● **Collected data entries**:
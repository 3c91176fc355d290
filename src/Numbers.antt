-- ===== src/Numbers.antt =====
-- Numbers on a command line: what the client and the gateway take from the standard library.
use Prim.Native.Char.{code}
use Prim.Native.String.{String}
use stm32_board.Base.{ℕ, Bool, false, ◌&&◌, ◌||◌, ◌==◌, Option}
use stm32_board.Base.Int.{ℤ}

-- The parsers of the library: `sscanf` with "%x" and "%u", which may find no number, and `stoi`, `stod`
-- and `stof`, which throw if there is none.
pub record Numbers : Type 0 where
  pub scan_hex : String → Option ℕ
  pub scan_dec : String → Option ℕ
  pub stoi : String → Option ℤ
  pub stod : String → Option ℕ
  pub stof : String → Option ℕ

-- `s.size() >= 2 && s[0] == '0' && (s[1] == 'x' || s[1] == 'X')`
unfoldable pub starts_0x : String → Bool
starts_0x String.[] = false
starts_0x (String.◌∷◌ a String.[]) = false
starts_0x (String.◌∷◌ a (String.◌∷◌ b s)) = code a == b'0' && (code b == b'x' || code b == b'X')
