-- ===== src/Client/Arguments.antt =====
-- cpp_gateway/app/tcp_client.cpp: `parse_u8`, `parse_u16`, `parse_u32` and `parse_config`.
use Prim.Native.String.{String}
use text.Mathlib.Text.{◌==◌ as ◌≐◌}
use stm32_board.Base.{
  ℕ, zero, List, [], ◌∷◌, Bool, true, false, leb, if◌then◌else◌, Option, none, some,
}
use stm32_board.Base.Int.{ℤ, pos, to_unsigned}
use stm32_board.Numbers.{Numbers, starts_0x}
use stm32_board.Client.{ClientConfig, default_client}

-- `v <= limit` behind a scan.
unfoldable pub within : ℕ → Option ℕ → Option ℕ
within limit none = none
within limit (some v) = if leb v limit then some v else none

-- The options that take a value.
pub data Name : Type 0 where
  server_ip_option state_port_option cmd_port_option print_hz_option cmd_hz_option m1_option
        m2_option m3_option m4_option beep_ms_option flags_option setpoint_hz_option sp0_option
        sp1_option sp2_option sp3_option sp_flags_option send_config_option cfg_key_option
        cfg_u8_option cfg_u16_option cfg_u32_option :
      Name

-- `--help` and unknown words are none.
unfoldable pub find_option : String → Option Name
find_option a =
    if a ≐ "--server_ip"
    then some server_ip_option
    else if a ≐ "--state_port"
    then some state_port_option
    else if a ≐ "--cmd_port"
    then some cmd_port_option
    else if a ≐ "--print_hz"
    then some print_hz_option
    else if a ≐ "--cmd_hz"
    then some cmd_hz_option
    else if a ≐ "--m1"
    then some m1_option
    else if a ≐ "--m2"
    then some m2_option
    else if a ≐ "--m3"
    then some m3_option
    else if a ≐ "--m4"
    then some m4_option
    else if a ≐ "--beep_ms"
    then some beep_ms_option
    else if a ≐ "--flags"
    then some flags_option
    else if a ≐ "--setpoint_hz"
    then some setpoint_hz_option
    else if a ≐ "--sp0"
    then some sp0_option
    else if a ≐ "--sp1"
    then some sp1_option
    else if a ≐ "--sp2"
    then some sp2_option
    else if a ≐ "--sp3"
    then some sp3_option
    else if a ≐ "--sp_flags"
    then some sp_flags_option
    else if a ≐ "--send_config"
    then some send_config_option
    else if a ≐ "--cfg_key"
    then some cfg_key_option
    else if a ≐ "--cfg_u8"
    then some cfg_u8_option
    else if a ≐ "--cfg_u16"
    then some cfg_u16_option
    else if a ≐ "--cfg_u32"
    then some cfg_u32_option
    else none

module _ (lib : Numbers) where
  unfoldable pub parse_unsigned : ℕ → String → Option ℕ
  parse_unsigned limit s =
      if starts_0x s then within limit (lib.scan_hex s) else within limit (lib.scan_dec s)

  unfoldable pub parse_u8 : String → Option ℕ
  unfolding parse_unsigned starts_0x within
  parse_u8 s = parse_unsigned 0xff s

  unfoldable pub parse_u16 : String → Option ℕ
  unfolding parse_unsigned starts_0x within
  parse_u16 s = parse_unsigned 0xffff s

  unfoldable pub parse_u32 : String → Option ℕ
  unfolding parse_unsigned starts_0x within
  parse_u32 s = parse_unsigned 0xffff_ffff s

  -- `exit(2)`, `return false`, an exception, or the configuration.
  pub data Parsed : Type 0 where
    exits : Parsed
    refused : Parsed
    throws : Parsed
    parsed : ClientConfig → Parsed

  -- A number that must parse, and what follows.
  unfoldable pub or_throw {ℓ} : {A : Type ℓ} → Option A → (A → ClientConfig) → Parsed
  or_throw none f = throws
  or_throw (some v) f = parsed (f v)

  unfoldable pub or_refuse : Option ℕ → (ℕ → ClientConfig) → Parsed
  or_refuse none f = refused
  or_refuse (some v) f = parsed (f v)

  unfoldable pub is_nonzero : ℤ → Bool
  is_nonzero (pos zero) = false
  is_nonzero n = true

  -- What an option does with its value.
  unfoldable pub set : Name → String → ClientConfig → Parsed
  unfolding or_throw or_refuse is_nonzero
  set server_ip_option v c = parsed (record c { server_ip = v })
  set state_port_option v c =
      or_throw (lib.stoi v) (λ n. record c { state_port = to_unsigned 16 n })
  set cmd_port_option v c = or_throw (lib.stoi v) (λ n. record c { cmd_port = to_unsigned 16 n })
  set print_hz_option v c = or_throw (lib.stod v) (λ x. record c { print_hz = x })
  set cmd_hz_option v c = or_throw (lib.stod v) (λ x. record c { cmd_hz = x })
  set m1_option v c = or_throw (lib.stoi v) (λ n. record c { m1 = n })
  set m2_option v c = or_throw (lib.stoi v) (λ n. record c { m2 = n })
  set m3_option v c = or_throw (lib.stoi v) (λ n. record c { m3 = n })
  set m4_option v c = or_throw (lib.stoi v) (λ n. record c { m4 = n })
  set beep_ms_option v c = or_throw (lib.stoi v) (λ n. record c { beep_ms = n })
  set flags_option v c = or_refuse (parse_u32 v) (λ n. record c { flags = n })
  set setpoint_hz_option v c = or_throw (lib.stod v) (λ x. record c { setpoint_hz = x })
  set sp0_option v c = or_throw (lib.stof v) (λ x. record c { sp0 = x })
  set sp1_option v c = or_throw (lib.stof v) (λ x. record c { sp1 = x })
  set sp2_option v c = or_throw (lib.stof v) (λ x. record c { sp2 = x })
  set sp3_option v c = or_throw (lib.stof v) (λ x. record c { sp3 = x })
  set sp_flags_option v c = or_refuse (parse_u32 v) (λ n. record c { sp_flags = n })
  set send_config_option v c = or_throw (lib.stoi v) (λ n. record c { send_config = is_nonzero n })
  set cfg_key_option v c = or_refuse (parse_u8 v) (λ n. record c { cfg_key = n })
  set cfg_u8_option v c = or_refuse (parse_u8 v) (λ n. record c { cfg_u8 = n })
  set cfg_u16_option v c = or_refuse (parse_u16 v) (λ n. record c { cfg_u16 = n })
  set cfg_u32_option v c = or_refuse (parse_u32 v) (λ n. record c { cfg_u32 = n })

  unfoldable pub parse_loop : List String → ClientConfig → Parsed
  parse_loop [] c = parsed c
  parse_loop (a ∷ []) c = elim (find_option a) [ none ↦ refused | some o ↦ exits ]
  parse_loop (a ∷ (v ∷ rest)) c = elim (find_option a) [
    | none ↦ refused
    | some o ↦ elim (set o v c) [ parsed c' ↦ parse_loop rest c' | stop ↦ stop ]
  ]

  -- `argv` without the program's name.
  unfoldable pub parse_config : List String → Parsed
  unfolding parse_loop find_option set
  parse_config argv = parse_loop argv default_client
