-- ===== src/Client/Receiving.antt =====
-- cpp_gateway/app/tcp_client.cpp: the receive loop of the client, which shows the states.
use stm32_board.Base.{
  ℕ, List, [], ◌∷◌, ◌++◌, Bool, true, false, not, ◌==◌, if◌then◌else◌, Option, none, some, length,
  drop,
}
use stm32_board.Base.Int.{ℤ}
use stm32_board.Float.{Fpu, f64_zero, f64_one}
use stm32_board.Wire.{read_u32_le, read_i32_le, read_f32_le}
use stm32_board.Wire.Messages.{states_payload_size}
use stm32_board.Framed.{FrameRx, Frame, msg_state, receive}
use stm32_board.Transfer.{Ret, try_recv}
use stm32_board.Client.{ClientConfig}

-- What the state line shows.
pub record Shown : Type 0 where
  pub seq : ℕ
  pub t_mono : ℕ
  pub roll : ℕ
  pub pitch : ℕ
  pub yaw : ℕ
  pub enc1 : ℤ
  pub enc2 : ℤ
  pub enc3 : ℤ
  pub enc4 : ℤ
  pub batt : ℕ

unfoldable pub shown : List ℕ → Shown
shown payload = record {
  seq = read_u32_le payload;
  t_mono = read_f32_le (drop 4 payload);
  roll = read_f32_le (drop 44 payload);
  pitch = read_f32_le (drop 48 payload);
  yaw = read_f32_le (drop 52 payload);
  enc1 = read_i32_le (drop 56 payload);
  enc2 = read_i32_le (drop 60 payload);
  enc3 = read_i32_le (drop 64 payload);
  enc4 = read_i32_le (drop 68 payload);
  batt = read_f32_le (drop 72 payload);
}

unfoldable pub min_dt : Fpu → ClientConfig → ℕ
min_dt fpu c = if fpu.lt f64_zero c.print_hz then fpu.div f64_one c.print_hz else f64_zero

-- One frame: the time of the last line, and the line that is printed. `seconds` is the library's
-- difference of two readings of the clock as a double.
unfoldable pub show_frame : Fpu → (ℕ → ℕ → ℕ) → ℕ → ℕ → ℕ → Frame → ℕ × Option Shown
show_frame fpu seconds dt now last_print f =
    if not (f.type_ == msg_state)
    then (last_print, none)
    else if not (length f.payload == states_payload_size)
    then (last_print, none)
    else if fpu.le dt f64_zero
    then (last_print, none)
    else if fpu.lt (seconds now last_print) dt
    then (last_print, none)
    else (now, some (shown f.payload))

unfoldable pub line : Option Shown → List Shown
line none = []
line (some s) = s ∷ []

-- `while (frx.pop(type, payload))` over the frames; `clock` tells the time of each turn.
unfoldable pub show_frames : Fpu → (ℕ → ℕ → ℕ) → ℕ → (ℕ → ℕ) → ℕ → List Frame → ℕ × List Shown
unfolding line
show_frames fpu seconds dt clock last_print [] = (last_print, [])
show_frames fpu seconds dt clock last_print (f ∷ fs) =
    let (last, out) = show_frame fpu seconds dt (clock (length fs)) last_print f in
    let (last', outs) = show_frames fpu seconds dt clock last fs in (last', line out ++ outs)

-- One turn of the receive loop: it ends, or goes on with the lines that it printed.
unfoldable pub receive_turn :
    Fpu → (ℕ → ℕ → ℕ) → ℕ → (ℕ → ℕ) → Ret (List ℕ) → FrameRx → ℕ → Option (FrameRx × ℕ × List Shown)
receive_turn fpu seconds dt clock ret frx last_print =
    let (ok, bytes) = try_recv true ret in
    let (fs, frx') = receive frx bytes in
    let (last, lines) = show_frames fpu seconds dt clock last_print fs in
    if ok then some (frx', last, lines) else none

-- The receive loop over what the turns meet: whether `g_run` is set, the clock and the call's result.
unfoldable pub receive_loop :
    Fpu → (ℕ → ℕ → ℕ) → ℕ → List (Bool × (ℕ → ℕ) × Ret (List ℕ)) → FrameRx → ℕ → List Shown
receive_loop fpu seconds dt [] frx last_print = []
receive_loop fpu seconds dt ((false, clock, ret) ∷ turns) frx last_print = []
receive_loop fpu seconds dt ((true, clock, ret) ∷ turns) frx last_print =
    elim (receive_turn fpu seconds dt clock ret frx last_print) [
      | none ↦ []
      | some (frx', last, lines) ↦ lines ++ receive_loop fpu seconds dt turns frx' last
    ]
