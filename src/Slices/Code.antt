-- ===== src/Slices/Code.antt =====
-- c/ymemory.c: the functions that make slices, over the bytes of the blocks.
use yruntime.Base.{ℕ, zero, suc, ◌+◌, ◌*◌, ◌%◌, ◌^◌, List, Option, some, ◌>>=◌}
use yruntime.Utf.Code.{write_bytes}
use yruntime.Strings.Code.{read_bytes}

-- `_yrt_array_`, with the bytes that can be used from `data` on.
pub record Slice : Type 0 where
  pub len : ℕ
  pub data' : List ℕ

-- The loop of `_yrt_alloc_array`, with so many elements left from `i` on.
unfoldable pub fill_loop : ℕ → ℕ → List ℕ → ℕ → List ℕ → Option (List ℕ)
fill_loop zero i element size block = some block
fill_loop (suc left) i element size block = do
  block' ← write_bytes block (i * size % 2 ^ 64) element
  fill_loop left (i + 1) element size block'

-- `gc_malloc` gives the bytes of the block of that size that `GC_malloc` returns.
module _ (gc_malloc : ℕ → List ℕ) where
  unfoldable pub dup_slice : Slice → ℕ → Option Slice
  dup_slice arr size = do
    bytes ← read_bytes arr.data' (arr.len * size % 2 ^ 64)
    block ← write_bytes (gc_malloc (arr.len * size % 2 ^ 64)) 0 bytes
    some (record { len = arr.len; data' = block })

  unfoldable pub alloc_array : List ℕ → ℕ → ℕ → Option Slice
  alloc_array data' size len = do
    element ← read_bytes data' size
    block ← fill_loop len 0 element size (gc_malloc (len * size % 2 ^ 64))
    some (record { len = len; data' = block })

  unfoldable pub new_array : ℕ → ℕ → Slice
  new_array size len = record { len = len; data' = gc_malloc (len * size % 2 ^ 64) }

  -- `_yrt_new_block`, and `_yrt_dupl_any` with the bytes from `data` on.
  abbrev pub new_block : ℕ → ℕ → List ℕ
  new_block size len = gc_malloc (len * size % 2 ^ 64)

  unfoldable pub dupl_any : List ℕ → ℕ → Option (List ℕ)
  dupl_any data' len = do bytes ← read_bytes data' len; write_bytes (gc_malloc len) 0 bytes

  unfoldable pub concat_slices : Slice → Slice → ℕ → Option Slice
  concat_slices left right size = do
    first ← read_bytes left.data' (left.len * size % 2 ^ 64)
    block ← write_bytes (gc_malloc ((left.len + right.len) % 2 ^ 64 * size % 2 ^ 64)) 0 first
    second ← read_bytes right.data' (right.len * size % 2 ^ 64)
    block' ← write_bytes block (left.len * size % 2 ^ 64) second
    some (record { len = (left.len + right.len) % 2 ^ 64; data' = block' })
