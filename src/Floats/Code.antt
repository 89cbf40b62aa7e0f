-- ===== src/Floats/Code.antt =====
-- c/print.c: floating point numbers printed, and as slices of text. The numbers, their comparisons
-- and what the family of `printf` makes of them are parameters.
use yruntime.Base.{
  ℕ, ◌+◌, List, [], ◌∷◌, ◌++◌, Bool, ◌&&◌, ◌||◌, Option, some, if◌then◌else◌, ◌>>=◌, length, codes,
}
use yruntime.Utf.Code.{write_bytes}
use yruntime.Slices.Code.{Slice}

-- A type of numbers with the comparisons to the constants, and its texts by the formats.
pub record Float : Type 1 where
  pub Number : Type 0
  pub above_1e6 : Number → Bool
  pub below_minus_1e6 : Number → Bool
  pub below_1e_minus_6 : Number → Bool
  pub above_minus_1e_minus_6 : Number → Bool
  pub sprintf : List ℕ → Number → List ℕ

-- What the process has written.
pub record Output : Type 0 where
  pub stdout : List ℕ
  pub stderr : List ℕ

abbrev pub print_out : List ℕ → Output → Output
print_out text out = record out { stdout = out.stdout ++ text }

abbrev pub print_error : List ℕ → Output → Output
print_error text out = record out { stderr = out.stderr ++ text }

-- The choice between two formats that the functions make.
unfoldable pub number_text : (f : Float) → List ℕ → List ℕ → f.Number → List ℕ
number_text f exponent general x =
    if f.above_1e6 x || f.below_minus_1e6 x
    then f.sprintf exponent x
    else if f.below_1e_minus_6 x && f.above_minus_1e_minus_6 x
    then f.sprintf exponent x
    else f.sprintf general x

-- The types `float`, `double` and `long double`.
module _ (float double long_double : Float) where
  abbrev pub printf32 : float.Number → Output → Output
  printf32 x = print_out (number_text float (codes "%e") (codes "%.6g") x)

  abbrev pub printf64 : double.Number → Output → Output
  printf64 x = print_out (number_text double (codes "%le") (codes "%.6lg") x)

  abbrev pub printf80 : long_double.Number → Output → Output
  printf80 x = print_out (number_text long_double (codes "%Le") (codes "%.6Lg") x)

  abbrev pub printfsize : long_double.Number → Output → Output
  printfsize x = print_out (number_text long_double (codes "%Le") (codes "%.6Lg") x)

  abbrev pub eprintf32 : float.Number → Output → Output
  eprintf32 x = print_error (number_text float (codes "%e") (codes "%.6g") x)

  abbrev pub eprintf64 : double.Number → Output → Output
  eprintf64 x = print_error (number_text double (codes "%le") (codes "%.6lg") x)

  abbrev pub eprintf80 : long_double.Number → Output → Output
  eprintf80 x = print_error (number_text long_double (codes "%Le") (codes "%.6Lg") x)

  abbrev pub eprintfsize : long_double.Number → Output → Output
  eprintfsize x = print_error (number_text long_double (codes "%Le") (codes "%.6Lg") x)

-- `text` is what `snprintf` prints of a number, in so many bytes, with a NUL behind.
unfoldable pub text_to_s8 : (ℕ → List ℕ) → List ℕ → Option Slice
text_to_s8 gc_malloc text = do
  res ← write_bytes (gc_malloc (length text + 1)) 0 (text ++ 0 ∷ [])
  some (record { len = length text; data' = res })

-- `snprintf_f` and `snprintf_e` are the texts in the formats `%.*lf` and `%.*e`.
module _ {Number : Type 0} (gc_malloc : ℕ → List ℕ) where
  abbrev pub double_to_s8 : (ℕ → Number → List ℕ) → Number → ℕ → Option Slice
  double_to_s8 snprintf_f x prec = text_to_s8 gc_malloc (snprintf_f prec x)

  abbrev pub double_to_s8_exp : (ℕ → Number → List ℕ) → Number → ℕ → Option Slice
  double_to_s8_exp snprintf_e x prec = text_to_s8 gc_malloc (snprintf_e prec x)
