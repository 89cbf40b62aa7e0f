-- ===== src/Floats/Convert.antt =====
-- c/conv.c: texts to floating point numbers, with the `errno` of the thread.
use yruntime.Base.{
  ℕ, ◌≡◌, refl, List, [], ◌∷◌, ◌++◌, Bool, true, false, not, ◌&&◌, ◌||◌, ◌==◌, All, drop, length,
  c_string,
}
use yruntime.Slices.Code.{Slice}

-- What `strtof` or `strtod` tells of a C string: the number, how many bytes are part of it, and
-- whether it is out of range.
pub record Parsed (Number : Type 0) : Type 0 where
  pub value : Number
  pub bytes : ℕ
  pub out_of_range : Bool

-- `is_erange` tells whether `errno` is `ERANGE`; the functions of the library set it so where the
-- number is out of range, and never set it back.
module _ {Number : Type 0} (strto : List ℕ → Parsed Number) where
  unfoldable pub s8_to_number : Bool → Slice → Number × Bool × Bool
  s8_to_number is_erange arr =
      let parsed = strto (c_string arr.data') in
      let is_erange' = is_erange || parsed.out_of_range in
      (parsed.value, not is_erange' && parsed.bytes == arr.len, is_erange')

-- The types `float` and `double`, with `strtof` and `strtod`.
module _ {Float Double : Type 0} (strtof : List ℕ → Parsed Float)
    (strtod : List ℕ → Parsed Double) where
  abbrev pub s8_to_float : Bool → Slice → Float × Bool × Bool
  s8_to_float = s8_to_number strtof

  abbrev pub s8_to_double : Bool → Slice → Double × Bool × Bool
  s8_to_double = s8_to_number strtod

-- A conversion to the one type or to the other.
pub data Conversion : Type 0 where
  to_float to_double : Slice → Conversion

module _ {Float Double : Type 0} (strtof : List ℕ → Parsed Float)
    (strtod : List ℕ → Parsed Double) where
  -- Whether it succeeds, and `errno` behind it.
  abbrev pub convert : Bool → Conversion → Bool × Bool
  convert is_erange (to_float arr) =
      let (value, succ, is_erange') = s8_to_float strtof strtod is_erange arr in (succ, is_erange')
  convert is_erange (to_double arr) =
      let (value, succ, is_erange') = s8_to_double strtof strtod is_erange arr in (succ, is_erange')

  abbrev pub out_of_range : Conversion → Bool
  out_of_range (to_float arr) = (strtof (c_string arr.data')).out_of_range
  out_of_range (to_double arr) = (strtod (c_string arr.data')).out_of_range

  -- The successes of conversions one behind the other.
  unfoldable pub successes : Bool → List Conversion → List Bool
  successes is_erange [] = []
  successes is_erange (c ∷ cs) =
      let (succ, is_erange') = convert is_erange c in succ ∷ successes is_erange' cs

  successes_erange : (cs : List Conversion) → All (λ succ. succ ≡ false) (successes true cs)
  unfolding successes s8_to_number
  successes_erange [] = tt
  successes_erange (to_float arr ∷ cs) = (refl, successes_erange cs)
  successes_erange (to_double arr ∷ cs) = (refl, successes_erange cs)

  successes_out_of_range :
      (is_erange : Bool) (c : Conversion) (cs : List Conversion)
      → out_of_range c ≡ true
      → All (λ succ. succ ≡ false) (successes is_erange (c ∷ cs))
  unfolding successes s8_to_number
  successes_out_of_range true (to_float arr) cs bad = (refl, successes_erange cs)
  successes_out_of_range true (to_double arr) cs bad = (refl, successes_erange cs)
  successes_out_of_range false (to_float arr) cs bad = rw bad (refl, successes_erange cs)
  successes_out_of_range false (to_double arr) cs bad = rw bad (refl, successes_erange cs)

-- `errno` is not reset: where one conversion, to either type, is out of range, it fails, and so do
-- all conversions behind it, whatever their texts.
pub successes-out_of_range :
    {Float Double : Type 0} (strtof : List ℕ → Parsed Float) (strtod : List ℕ → Parsed Double)
    (is_erange : Bool) (before after : List Conversion) (c : Conversion)
    → out_of_range strtof strtod c ≡ true
    → All
        (λ succ. succ ≡ false)
        (drop (length before) (successes strtof strtod is_erange (before ++ c ∷ after)))
unfolding successes
successes-out_of_range strtof strtod is_erange [] after c bad =
    successes_out_of_range strtof strtod is_erange c after bad
successes-out_of_range strtof strtod is_erange (b ∷ before) after c bad =
    successes-out_of_range strtof strtod (convert strtof strtod is_erange b).1 before after c bad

● **INSTRUCTIONS TO FOLLOW**:
Return all lines from the entries that contain the string "roll".

● **TASK OUTPUT**:
  pub roll : ℕ
  roll = read_f32_le (drop 44 payload);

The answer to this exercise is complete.